* EXERCISE GOAL
Somewhere below is a line with "else decimal run.first" and, later, a line with "unfolding bind_and_listen call fails"; repeat those two lines and all the lines between them, exactly as they are.

* MATERIAL FOR THE TASK
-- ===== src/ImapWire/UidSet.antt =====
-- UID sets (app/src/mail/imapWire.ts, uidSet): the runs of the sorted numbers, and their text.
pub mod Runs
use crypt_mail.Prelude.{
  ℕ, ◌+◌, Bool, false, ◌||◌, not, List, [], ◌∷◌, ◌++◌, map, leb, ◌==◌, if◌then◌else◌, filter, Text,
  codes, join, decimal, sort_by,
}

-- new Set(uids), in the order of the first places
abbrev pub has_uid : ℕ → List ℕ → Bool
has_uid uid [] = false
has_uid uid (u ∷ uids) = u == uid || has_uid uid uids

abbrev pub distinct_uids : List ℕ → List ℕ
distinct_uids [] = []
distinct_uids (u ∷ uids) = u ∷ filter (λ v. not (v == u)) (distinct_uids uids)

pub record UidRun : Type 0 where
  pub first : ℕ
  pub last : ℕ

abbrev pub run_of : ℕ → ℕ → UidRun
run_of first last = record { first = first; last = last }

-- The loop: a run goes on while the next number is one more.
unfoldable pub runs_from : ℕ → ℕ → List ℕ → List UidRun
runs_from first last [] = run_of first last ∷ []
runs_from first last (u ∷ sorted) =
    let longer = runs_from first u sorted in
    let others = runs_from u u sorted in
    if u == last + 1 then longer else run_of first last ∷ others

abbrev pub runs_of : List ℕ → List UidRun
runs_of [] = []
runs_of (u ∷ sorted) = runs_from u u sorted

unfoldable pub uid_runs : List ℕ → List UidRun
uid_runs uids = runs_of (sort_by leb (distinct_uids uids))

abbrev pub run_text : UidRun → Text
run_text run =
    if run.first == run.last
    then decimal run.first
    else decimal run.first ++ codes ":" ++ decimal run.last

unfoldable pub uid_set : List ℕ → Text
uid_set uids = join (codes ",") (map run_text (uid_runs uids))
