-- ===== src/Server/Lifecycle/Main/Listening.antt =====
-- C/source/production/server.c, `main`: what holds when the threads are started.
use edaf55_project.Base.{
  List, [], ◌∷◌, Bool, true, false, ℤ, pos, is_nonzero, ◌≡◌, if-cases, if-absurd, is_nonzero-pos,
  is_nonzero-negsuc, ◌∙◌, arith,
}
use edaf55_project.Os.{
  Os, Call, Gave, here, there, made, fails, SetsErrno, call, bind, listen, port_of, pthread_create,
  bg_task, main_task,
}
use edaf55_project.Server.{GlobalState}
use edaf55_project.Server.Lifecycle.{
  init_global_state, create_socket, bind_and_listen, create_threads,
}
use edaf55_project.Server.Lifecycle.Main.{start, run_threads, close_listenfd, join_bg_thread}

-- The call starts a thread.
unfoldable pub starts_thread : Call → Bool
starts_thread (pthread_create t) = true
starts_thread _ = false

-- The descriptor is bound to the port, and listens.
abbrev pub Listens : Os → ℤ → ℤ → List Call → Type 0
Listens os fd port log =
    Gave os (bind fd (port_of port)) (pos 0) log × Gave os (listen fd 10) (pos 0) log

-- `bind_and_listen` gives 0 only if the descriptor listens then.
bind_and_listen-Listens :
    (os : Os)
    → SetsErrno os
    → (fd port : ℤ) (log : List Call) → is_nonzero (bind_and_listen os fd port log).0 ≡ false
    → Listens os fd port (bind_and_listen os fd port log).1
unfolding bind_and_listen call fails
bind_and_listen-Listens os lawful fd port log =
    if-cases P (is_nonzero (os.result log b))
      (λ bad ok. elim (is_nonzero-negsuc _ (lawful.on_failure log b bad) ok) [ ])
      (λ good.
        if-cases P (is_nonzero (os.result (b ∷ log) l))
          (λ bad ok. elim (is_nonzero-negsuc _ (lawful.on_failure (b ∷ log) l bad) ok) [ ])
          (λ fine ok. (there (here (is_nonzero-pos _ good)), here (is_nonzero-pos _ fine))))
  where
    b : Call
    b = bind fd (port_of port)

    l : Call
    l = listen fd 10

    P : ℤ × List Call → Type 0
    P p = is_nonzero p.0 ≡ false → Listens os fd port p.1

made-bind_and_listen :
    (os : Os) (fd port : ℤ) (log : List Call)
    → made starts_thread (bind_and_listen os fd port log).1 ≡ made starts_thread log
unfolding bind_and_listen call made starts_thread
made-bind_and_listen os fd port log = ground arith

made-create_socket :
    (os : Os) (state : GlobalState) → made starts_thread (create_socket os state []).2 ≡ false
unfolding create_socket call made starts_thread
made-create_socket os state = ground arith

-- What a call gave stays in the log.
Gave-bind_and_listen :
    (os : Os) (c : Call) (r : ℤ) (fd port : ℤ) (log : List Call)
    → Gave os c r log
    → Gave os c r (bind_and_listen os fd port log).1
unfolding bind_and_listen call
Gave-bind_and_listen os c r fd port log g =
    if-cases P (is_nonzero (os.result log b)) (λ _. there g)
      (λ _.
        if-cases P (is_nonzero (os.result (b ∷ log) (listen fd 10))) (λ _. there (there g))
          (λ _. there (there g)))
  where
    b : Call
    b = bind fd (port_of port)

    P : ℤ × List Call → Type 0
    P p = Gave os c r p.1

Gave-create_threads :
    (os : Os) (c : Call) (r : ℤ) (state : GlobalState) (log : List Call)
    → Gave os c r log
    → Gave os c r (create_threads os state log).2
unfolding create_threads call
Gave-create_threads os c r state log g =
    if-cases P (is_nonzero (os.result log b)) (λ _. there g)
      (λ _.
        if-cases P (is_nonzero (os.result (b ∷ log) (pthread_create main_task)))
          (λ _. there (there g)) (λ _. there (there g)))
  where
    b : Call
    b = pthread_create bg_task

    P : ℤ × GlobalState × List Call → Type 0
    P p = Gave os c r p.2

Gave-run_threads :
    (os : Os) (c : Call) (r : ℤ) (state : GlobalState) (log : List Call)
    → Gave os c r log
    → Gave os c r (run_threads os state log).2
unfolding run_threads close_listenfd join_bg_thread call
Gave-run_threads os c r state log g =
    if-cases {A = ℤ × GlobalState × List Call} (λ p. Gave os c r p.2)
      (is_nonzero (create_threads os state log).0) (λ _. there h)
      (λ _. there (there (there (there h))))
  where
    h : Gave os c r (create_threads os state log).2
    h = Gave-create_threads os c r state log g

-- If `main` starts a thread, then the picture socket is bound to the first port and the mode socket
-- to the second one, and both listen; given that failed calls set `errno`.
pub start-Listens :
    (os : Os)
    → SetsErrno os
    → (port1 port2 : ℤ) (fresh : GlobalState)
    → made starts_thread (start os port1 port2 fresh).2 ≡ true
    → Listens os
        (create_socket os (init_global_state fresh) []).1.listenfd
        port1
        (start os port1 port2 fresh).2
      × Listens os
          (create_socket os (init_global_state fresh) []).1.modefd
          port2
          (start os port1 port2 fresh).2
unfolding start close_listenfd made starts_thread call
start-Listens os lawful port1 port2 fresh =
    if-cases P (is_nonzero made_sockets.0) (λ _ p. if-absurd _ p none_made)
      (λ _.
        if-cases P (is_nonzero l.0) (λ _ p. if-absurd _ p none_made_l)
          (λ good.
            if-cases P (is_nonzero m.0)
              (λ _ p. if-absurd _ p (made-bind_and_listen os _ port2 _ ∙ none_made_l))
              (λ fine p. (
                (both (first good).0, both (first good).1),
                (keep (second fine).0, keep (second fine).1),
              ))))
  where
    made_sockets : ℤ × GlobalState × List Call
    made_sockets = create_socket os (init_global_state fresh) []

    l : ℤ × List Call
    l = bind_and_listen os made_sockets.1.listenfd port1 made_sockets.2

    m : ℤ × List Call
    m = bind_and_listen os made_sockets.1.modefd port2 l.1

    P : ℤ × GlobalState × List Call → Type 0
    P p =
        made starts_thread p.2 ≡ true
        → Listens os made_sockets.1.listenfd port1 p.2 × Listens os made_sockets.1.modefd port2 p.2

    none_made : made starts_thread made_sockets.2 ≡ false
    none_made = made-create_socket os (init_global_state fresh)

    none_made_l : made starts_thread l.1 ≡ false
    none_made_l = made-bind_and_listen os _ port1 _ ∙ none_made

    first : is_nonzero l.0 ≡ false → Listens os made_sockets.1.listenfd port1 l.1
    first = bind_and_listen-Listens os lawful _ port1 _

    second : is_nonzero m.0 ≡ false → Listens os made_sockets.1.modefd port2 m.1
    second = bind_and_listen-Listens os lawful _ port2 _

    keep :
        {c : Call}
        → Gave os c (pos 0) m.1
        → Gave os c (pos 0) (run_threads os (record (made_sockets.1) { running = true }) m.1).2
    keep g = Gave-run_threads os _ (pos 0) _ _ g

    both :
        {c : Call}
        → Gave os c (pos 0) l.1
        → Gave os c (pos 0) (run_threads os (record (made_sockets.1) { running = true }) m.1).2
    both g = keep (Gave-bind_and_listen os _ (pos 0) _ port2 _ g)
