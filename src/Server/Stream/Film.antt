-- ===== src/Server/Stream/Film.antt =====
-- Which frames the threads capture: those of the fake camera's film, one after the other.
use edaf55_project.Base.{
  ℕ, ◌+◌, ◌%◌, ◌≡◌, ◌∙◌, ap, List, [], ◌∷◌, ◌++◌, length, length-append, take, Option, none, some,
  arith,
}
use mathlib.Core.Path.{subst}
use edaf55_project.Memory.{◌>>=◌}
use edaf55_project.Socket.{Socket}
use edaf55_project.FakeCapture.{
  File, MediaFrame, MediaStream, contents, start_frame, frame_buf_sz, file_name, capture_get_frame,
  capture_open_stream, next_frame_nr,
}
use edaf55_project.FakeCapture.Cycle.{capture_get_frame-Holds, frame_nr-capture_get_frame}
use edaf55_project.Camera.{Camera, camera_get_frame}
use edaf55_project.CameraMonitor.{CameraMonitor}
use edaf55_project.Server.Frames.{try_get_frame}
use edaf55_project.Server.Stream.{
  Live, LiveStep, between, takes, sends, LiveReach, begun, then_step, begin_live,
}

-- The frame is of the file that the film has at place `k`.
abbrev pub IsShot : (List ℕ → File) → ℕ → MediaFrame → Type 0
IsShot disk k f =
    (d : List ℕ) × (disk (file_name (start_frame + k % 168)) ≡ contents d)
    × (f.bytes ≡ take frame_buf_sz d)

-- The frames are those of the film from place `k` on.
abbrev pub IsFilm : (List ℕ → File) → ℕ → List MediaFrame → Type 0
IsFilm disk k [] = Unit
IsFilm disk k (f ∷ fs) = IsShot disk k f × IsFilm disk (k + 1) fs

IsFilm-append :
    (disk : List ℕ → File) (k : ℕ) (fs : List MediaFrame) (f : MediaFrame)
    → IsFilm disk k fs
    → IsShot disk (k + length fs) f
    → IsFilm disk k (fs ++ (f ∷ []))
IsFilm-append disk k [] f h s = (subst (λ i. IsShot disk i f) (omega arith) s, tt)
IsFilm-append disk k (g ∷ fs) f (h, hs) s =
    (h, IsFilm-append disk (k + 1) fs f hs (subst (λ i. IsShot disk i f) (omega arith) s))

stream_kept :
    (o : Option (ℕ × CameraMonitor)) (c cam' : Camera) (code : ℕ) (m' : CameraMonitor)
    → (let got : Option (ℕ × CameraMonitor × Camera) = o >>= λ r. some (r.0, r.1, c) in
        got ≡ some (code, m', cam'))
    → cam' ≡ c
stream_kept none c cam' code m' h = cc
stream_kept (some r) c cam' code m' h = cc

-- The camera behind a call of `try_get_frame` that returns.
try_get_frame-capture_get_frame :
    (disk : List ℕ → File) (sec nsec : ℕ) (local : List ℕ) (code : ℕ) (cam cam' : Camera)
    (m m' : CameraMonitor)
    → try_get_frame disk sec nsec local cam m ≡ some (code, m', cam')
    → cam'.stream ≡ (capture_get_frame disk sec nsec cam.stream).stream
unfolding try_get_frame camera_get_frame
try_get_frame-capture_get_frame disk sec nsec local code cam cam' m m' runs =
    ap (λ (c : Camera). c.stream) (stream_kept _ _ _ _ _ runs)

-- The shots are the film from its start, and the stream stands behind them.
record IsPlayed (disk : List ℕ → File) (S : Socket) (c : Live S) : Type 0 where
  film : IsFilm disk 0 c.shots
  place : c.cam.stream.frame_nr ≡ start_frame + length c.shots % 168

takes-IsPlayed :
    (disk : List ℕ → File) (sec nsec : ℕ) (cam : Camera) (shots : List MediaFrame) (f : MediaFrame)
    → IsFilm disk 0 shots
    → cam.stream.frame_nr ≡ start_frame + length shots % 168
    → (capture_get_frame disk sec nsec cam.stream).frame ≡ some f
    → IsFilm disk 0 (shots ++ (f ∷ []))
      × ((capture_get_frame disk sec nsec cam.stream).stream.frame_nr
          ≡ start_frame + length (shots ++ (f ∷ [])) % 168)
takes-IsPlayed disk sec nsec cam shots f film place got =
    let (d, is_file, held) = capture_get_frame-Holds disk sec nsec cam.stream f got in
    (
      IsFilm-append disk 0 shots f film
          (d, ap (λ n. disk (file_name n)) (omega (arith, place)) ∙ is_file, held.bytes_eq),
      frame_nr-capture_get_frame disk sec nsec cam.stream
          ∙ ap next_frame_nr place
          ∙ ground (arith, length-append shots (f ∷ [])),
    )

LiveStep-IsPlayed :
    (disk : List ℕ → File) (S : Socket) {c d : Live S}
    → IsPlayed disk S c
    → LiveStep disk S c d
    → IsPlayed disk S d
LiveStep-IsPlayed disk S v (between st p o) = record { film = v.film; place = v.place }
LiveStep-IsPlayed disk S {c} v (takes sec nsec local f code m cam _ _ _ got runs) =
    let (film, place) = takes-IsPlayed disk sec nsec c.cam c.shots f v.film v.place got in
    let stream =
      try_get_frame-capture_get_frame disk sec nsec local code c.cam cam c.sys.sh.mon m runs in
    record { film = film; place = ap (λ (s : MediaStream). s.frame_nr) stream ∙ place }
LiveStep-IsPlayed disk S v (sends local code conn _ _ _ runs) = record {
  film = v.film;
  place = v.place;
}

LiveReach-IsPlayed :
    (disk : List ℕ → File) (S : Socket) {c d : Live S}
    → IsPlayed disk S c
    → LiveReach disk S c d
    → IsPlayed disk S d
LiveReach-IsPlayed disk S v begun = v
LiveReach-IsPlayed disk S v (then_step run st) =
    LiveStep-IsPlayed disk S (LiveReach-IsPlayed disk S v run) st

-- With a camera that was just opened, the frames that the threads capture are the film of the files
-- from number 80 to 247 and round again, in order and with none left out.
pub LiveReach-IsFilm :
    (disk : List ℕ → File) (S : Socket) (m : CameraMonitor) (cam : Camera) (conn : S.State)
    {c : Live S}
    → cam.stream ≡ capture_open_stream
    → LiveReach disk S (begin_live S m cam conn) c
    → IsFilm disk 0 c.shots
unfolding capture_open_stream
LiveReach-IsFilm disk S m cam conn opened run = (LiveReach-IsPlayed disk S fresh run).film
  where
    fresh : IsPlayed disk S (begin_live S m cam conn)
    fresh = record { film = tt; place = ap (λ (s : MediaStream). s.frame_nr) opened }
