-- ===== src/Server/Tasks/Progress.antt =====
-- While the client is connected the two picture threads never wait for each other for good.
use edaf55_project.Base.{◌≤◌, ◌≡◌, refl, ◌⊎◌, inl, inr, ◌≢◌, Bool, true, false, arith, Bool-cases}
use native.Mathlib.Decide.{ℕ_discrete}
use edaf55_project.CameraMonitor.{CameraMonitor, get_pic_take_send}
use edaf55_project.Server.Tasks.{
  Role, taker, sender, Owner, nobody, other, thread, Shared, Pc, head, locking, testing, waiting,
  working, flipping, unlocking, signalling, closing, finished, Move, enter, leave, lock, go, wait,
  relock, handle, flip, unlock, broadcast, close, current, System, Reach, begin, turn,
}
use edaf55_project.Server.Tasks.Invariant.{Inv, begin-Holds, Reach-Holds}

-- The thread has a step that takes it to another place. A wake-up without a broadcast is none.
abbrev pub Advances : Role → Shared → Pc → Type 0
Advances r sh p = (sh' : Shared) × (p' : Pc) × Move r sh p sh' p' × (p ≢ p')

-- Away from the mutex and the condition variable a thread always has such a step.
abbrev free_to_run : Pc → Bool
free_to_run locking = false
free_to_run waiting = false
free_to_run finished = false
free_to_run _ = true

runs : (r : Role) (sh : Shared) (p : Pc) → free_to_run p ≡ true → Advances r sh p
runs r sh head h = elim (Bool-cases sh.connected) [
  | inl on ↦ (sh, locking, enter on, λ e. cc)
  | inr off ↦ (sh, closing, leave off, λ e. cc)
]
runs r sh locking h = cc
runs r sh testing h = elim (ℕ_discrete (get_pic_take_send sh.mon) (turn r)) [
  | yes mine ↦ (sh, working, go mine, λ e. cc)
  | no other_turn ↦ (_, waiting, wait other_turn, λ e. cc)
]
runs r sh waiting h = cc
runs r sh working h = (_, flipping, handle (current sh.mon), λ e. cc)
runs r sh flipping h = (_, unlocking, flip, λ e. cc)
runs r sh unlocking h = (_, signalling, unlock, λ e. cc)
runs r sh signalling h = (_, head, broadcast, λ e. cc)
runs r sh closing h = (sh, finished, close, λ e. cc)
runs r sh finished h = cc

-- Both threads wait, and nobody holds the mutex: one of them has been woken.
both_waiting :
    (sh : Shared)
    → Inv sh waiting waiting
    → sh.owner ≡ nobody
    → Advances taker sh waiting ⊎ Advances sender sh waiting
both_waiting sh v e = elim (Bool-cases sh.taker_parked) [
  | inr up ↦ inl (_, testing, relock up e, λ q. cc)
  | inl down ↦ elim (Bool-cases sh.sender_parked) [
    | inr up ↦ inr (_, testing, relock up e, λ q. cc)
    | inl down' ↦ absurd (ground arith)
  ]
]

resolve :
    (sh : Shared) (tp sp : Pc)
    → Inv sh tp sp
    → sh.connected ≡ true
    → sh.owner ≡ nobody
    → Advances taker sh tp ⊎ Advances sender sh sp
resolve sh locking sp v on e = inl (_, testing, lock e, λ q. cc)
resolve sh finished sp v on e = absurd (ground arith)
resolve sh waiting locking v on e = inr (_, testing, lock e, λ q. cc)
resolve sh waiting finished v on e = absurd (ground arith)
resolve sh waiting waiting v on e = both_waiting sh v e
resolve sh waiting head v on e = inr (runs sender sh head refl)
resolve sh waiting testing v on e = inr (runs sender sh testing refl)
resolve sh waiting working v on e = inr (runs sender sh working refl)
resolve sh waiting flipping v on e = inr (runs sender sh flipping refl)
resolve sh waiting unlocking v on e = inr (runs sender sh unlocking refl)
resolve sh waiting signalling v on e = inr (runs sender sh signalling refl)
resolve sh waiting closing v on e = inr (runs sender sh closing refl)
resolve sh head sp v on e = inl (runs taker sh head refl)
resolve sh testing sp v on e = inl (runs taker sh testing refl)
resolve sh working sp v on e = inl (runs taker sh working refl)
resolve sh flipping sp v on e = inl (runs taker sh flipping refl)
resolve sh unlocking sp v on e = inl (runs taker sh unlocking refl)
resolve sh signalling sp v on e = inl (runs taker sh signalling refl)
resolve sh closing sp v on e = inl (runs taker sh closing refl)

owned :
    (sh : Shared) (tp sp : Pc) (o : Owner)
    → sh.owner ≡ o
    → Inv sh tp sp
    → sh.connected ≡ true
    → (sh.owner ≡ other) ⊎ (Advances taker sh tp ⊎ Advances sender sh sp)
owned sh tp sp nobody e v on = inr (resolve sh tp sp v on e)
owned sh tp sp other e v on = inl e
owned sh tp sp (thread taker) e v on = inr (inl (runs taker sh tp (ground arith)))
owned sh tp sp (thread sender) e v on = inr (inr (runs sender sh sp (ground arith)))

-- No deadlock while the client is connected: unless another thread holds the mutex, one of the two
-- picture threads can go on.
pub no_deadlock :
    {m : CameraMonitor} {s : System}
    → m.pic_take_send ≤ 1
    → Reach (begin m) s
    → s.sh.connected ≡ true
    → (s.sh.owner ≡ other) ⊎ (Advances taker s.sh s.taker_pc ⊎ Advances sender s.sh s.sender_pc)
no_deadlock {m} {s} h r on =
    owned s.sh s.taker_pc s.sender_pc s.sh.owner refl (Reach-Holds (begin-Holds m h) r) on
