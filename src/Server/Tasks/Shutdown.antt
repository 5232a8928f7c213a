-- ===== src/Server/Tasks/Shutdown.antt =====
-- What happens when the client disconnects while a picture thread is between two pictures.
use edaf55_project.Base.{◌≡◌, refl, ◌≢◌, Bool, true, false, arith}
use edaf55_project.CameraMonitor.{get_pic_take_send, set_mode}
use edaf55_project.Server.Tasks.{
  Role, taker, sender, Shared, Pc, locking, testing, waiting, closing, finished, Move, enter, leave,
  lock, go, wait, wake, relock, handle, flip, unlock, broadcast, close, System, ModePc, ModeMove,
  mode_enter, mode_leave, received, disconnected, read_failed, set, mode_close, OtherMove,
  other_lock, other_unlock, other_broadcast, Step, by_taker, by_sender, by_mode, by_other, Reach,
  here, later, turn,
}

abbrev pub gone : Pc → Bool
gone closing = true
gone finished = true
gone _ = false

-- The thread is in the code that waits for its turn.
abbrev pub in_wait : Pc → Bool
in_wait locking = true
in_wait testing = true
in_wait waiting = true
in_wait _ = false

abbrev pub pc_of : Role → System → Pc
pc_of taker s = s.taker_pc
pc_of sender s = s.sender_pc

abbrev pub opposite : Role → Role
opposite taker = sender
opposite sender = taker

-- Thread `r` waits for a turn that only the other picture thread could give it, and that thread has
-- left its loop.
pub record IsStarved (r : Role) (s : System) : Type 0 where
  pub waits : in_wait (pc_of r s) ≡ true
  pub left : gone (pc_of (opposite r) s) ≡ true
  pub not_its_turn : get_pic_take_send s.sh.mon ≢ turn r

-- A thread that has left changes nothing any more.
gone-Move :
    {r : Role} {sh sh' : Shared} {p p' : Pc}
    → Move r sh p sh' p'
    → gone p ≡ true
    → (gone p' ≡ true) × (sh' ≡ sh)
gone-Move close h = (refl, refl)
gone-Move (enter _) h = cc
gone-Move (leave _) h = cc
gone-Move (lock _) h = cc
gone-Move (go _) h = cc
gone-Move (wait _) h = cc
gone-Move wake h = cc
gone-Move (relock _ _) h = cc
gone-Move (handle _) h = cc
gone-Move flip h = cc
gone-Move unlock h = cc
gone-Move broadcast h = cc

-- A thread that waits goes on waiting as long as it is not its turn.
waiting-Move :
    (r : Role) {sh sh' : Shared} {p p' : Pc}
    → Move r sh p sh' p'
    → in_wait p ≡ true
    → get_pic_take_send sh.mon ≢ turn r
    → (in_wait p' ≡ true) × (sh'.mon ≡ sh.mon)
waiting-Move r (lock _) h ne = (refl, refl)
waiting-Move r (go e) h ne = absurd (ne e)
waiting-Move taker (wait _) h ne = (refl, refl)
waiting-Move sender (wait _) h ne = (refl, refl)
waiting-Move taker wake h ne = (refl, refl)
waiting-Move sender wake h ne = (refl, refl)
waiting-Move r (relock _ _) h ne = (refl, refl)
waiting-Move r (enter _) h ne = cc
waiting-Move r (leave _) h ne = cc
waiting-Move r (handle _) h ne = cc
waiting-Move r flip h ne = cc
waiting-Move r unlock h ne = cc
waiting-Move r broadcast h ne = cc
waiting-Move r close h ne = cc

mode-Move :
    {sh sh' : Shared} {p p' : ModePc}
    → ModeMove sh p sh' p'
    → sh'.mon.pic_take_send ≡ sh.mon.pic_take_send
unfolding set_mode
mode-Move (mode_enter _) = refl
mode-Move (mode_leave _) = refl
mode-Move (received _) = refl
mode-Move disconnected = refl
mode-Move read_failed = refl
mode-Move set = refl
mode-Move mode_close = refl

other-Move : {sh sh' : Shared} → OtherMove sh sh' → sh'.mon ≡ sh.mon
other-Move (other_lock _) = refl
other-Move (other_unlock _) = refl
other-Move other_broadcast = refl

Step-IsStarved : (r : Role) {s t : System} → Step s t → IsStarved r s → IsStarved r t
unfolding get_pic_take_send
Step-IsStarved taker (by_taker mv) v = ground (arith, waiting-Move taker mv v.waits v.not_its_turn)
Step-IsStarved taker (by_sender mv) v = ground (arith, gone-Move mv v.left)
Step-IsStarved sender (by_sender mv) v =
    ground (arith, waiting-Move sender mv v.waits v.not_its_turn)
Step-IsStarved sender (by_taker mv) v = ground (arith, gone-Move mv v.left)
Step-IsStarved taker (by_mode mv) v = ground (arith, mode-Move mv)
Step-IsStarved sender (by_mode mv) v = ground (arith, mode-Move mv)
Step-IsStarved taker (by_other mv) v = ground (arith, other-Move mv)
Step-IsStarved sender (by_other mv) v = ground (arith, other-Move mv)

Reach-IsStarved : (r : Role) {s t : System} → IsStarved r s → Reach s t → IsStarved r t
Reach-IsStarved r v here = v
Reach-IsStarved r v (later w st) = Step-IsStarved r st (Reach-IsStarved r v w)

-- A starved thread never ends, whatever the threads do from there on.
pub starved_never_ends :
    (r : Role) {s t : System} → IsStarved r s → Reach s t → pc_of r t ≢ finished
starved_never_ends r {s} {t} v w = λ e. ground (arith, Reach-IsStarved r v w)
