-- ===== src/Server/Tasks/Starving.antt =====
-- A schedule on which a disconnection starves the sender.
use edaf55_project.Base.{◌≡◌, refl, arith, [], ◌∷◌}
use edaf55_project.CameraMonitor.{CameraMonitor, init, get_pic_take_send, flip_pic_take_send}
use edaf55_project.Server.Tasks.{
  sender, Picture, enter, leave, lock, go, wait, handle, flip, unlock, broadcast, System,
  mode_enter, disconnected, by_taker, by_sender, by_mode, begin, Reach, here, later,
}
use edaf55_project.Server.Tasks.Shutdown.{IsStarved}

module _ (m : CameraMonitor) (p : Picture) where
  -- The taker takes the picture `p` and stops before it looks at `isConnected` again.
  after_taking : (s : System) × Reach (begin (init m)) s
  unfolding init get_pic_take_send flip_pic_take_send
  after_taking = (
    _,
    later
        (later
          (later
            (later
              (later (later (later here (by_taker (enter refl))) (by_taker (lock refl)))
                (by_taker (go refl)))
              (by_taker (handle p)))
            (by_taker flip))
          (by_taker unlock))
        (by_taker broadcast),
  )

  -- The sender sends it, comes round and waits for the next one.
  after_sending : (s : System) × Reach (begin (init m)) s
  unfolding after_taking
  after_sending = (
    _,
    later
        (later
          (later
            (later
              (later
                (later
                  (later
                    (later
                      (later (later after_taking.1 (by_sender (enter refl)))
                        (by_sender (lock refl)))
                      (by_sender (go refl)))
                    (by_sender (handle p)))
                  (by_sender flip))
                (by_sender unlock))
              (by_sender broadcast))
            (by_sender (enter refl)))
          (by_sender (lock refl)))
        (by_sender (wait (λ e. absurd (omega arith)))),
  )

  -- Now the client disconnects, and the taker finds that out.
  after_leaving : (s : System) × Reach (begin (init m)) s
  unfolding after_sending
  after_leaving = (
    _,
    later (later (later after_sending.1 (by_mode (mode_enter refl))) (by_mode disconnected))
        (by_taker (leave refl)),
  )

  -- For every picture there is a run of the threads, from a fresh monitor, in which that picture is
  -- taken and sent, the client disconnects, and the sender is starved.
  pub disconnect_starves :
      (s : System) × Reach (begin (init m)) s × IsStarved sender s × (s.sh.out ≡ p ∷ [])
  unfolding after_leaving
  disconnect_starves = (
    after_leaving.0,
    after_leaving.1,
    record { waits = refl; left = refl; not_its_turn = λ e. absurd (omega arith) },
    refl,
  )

* SOLUTION BELOW
    else decimal run.first ++ codes ":" ++ decimal run.last

unfoldable pub uid_set : List ℕ → Text
uid_set uids = join (codes ",") (map run_text (uid_runs uids))
-- ===== src/Server/Lifecycle/Main/Listening.antt =====
-- C/source/production/server.c, `main`: what holds when the threads are started.
use edaf55_project.Base.{
  List, [], ◌∷◌, Bool, true, false, ℤ, pos, is_nonzero, ◌≡◌, if-cases, if-absurd, is_nonzero-pos,
  is_nonzero-negsuc, ◌∙◌, arith,
}
use edaf55_project.Os.{
  Os, Call, Gave, here, there, made, fails, SetsErrno, call, bind, listen, port_of, pthread_create,
  bg_task, main_task,
}
use edaf55_project.Server.{GlobalState}
use edaf55_project.Server.Lifecycle.{
  init_global_state, create_socket, bind_and_listen, create_threads,
}
use edaf55_project.Server.Lifecycle.Main.{start, run_threads, close_listenfd, join_bg_thread}

-- The call starts a thread.
unfoldable pub starts_thread : Call → Bool
starts_thread (pthread_create t) = true
starts_thread _ = false

-- The descriptor is bound to the port, and listens.
abbrev pub Listens : Os → ℤ → ℤ → List Call → Type 0
Listens os fd port log =
    Gave os (bind fd (port_of port)) (pos 0) log × Gave os (listen fd 10) (pos 0) log

-- `bind_and_listen` gives 0 only if the descriptor listens then.
bind_and_listen-Listens :
    (os : Os)
    → SetsErrno os
    → (fd port : ℤ) (log : List Call) → is_nonzero (bind_and_listen os fd port log).0 ≡ false
    → Listens os fd port (bind_and_listen os fd port log).1
unfolding bind_and_listen call fails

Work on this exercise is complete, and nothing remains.